• _INFORMATION GIVEN_
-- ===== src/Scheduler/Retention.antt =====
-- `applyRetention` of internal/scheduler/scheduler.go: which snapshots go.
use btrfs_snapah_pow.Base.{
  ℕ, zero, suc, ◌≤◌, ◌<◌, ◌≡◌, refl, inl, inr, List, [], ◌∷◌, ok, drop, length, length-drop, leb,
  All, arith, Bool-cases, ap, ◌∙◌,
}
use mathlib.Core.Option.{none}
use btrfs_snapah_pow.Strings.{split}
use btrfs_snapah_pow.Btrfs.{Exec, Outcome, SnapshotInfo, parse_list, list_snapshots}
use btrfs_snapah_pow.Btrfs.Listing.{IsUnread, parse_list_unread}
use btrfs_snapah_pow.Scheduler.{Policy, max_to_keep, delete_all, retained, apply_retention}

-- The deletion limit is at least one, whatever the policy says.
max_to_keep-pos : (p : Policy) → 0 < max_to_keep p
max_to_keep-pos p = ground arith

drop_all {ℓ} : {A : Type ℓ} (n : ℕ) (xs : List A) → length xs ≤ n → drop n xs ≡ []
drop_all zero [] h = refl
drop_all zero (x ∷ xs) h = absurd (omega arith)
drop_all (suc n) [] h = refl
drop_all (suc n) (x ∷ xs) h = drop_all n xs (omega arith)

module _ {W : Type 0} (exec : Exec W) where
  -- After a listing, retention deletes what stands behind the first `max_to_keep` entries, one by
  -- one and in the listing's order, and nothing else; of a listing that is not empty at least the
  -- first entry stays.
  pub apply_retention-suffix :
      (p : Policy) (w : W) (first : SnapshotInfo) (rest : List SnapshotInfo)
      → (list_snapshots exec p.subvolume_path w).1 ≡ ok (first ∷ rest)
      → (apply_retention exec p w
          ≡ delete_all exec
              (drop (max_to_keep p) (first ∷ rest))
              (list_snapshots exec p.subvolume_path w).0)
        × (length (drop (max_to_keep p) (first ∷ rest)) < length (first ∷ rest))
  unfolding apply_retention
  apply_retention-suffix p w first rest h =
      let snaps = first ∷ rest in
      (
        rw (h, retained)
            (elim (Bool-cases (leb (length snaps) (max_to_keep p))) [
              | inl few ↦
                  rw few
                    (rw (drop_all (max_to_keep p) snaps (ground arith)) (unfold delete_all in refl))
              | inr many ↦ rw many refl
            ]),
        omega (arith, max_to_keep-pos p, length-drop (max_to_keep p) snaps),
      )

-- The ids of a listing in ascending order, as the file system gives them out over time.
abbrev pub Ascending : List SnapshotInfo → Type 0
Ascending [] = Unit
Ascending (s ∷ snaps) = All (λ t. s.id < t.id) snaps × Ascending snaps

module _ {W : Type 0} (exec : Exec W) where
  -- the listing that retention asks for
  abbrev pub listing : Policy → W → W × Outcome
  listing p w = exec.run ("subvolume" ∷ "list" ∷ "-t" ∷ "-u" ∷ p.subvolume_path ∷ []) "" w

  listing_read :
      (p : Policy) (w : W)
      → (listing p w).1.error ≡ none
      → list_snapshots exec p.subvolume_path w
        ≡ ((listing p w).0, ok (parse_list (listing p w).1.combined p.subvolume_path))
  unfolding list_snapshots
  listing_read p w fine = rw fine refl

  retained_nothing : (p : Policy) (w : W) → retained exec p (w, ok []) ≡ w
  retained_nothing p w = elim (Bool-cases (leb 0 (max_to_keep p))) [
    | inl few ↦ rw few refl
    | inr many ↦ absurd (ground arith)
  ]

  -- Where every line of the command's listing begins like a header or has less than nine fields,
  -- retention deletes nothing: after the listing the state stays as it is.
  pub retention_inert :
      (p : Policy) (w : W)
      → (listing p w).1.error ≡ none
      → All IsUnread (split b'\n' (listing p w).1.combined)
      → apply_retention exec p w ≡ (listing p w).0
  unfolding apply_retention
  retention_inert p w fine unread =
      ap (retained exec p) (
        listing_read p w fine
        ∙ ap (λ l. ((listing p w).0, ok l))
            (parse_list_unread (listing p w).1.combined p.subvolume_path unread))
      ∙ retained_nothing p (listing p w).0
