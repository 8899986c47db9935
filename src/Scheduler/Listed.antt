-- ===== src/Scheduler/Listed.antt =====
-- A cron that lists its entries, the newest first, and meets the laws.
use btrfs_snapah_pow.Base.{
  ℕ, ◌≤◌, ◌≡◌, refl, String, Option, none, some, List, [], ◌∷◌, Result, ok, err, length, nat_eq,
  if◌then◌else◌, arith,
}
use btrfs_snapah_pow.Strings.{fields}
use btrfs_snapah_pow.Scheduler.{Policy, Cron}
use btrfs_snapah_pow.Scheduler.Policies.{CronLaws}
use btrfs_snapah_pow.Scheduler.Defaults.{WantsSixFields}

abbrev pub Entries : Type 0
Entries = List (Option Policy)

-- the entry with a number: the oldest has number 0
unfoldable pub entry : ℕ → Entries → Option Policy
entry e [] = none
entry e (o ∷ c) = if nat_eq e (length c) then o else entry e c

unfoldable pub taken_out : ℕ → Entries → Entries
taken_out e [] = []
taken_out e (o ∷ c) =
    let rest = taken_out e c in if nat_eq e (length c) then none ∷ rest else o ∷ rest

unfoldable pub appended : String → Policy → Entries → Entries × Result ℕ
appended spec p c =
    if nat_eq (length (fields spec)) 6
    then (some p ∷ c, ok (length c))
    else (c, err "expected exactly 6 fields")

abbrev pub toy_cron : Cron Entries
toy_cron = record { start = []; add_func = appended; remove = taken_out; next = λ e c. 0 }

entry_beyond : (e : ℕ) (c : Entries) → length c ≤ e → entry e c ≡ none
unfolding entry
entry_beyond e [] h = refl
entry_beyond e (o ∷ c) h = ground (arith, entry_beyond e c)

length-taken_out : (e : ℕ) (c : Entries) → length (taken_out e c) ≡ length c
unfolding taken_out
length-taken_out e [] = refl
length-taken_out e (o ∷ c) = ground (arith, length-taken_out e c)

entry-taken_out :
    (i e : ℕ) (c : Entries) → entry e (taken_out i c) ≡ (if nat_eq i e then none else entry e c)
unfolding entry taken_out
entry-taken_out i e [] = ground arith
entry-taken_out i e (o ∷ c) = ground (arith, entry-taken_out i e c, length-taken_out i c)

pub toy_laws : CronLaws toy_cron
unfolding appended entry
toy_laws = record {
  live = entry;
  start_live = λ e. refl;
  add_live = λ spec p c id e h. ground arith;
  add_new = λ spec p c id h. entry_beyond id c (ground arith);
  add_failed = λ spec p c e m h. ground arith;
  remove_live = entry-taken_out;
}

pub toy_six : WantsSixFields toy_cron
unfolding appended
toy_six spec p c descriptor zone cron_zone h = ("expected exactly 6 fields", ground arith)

• _TASK ITEM_
Above are the records. Identify each line that contains the word "unfoldable".

• _RESPONSE TO THE TASK_
unfoldable pub entry : ℕ → Entries → Option Policy
unfoldable pub taken_out : ℕ → Entries → Entries
unfoldable pub appended : String → Policy → Entries → Entries × Result ℕ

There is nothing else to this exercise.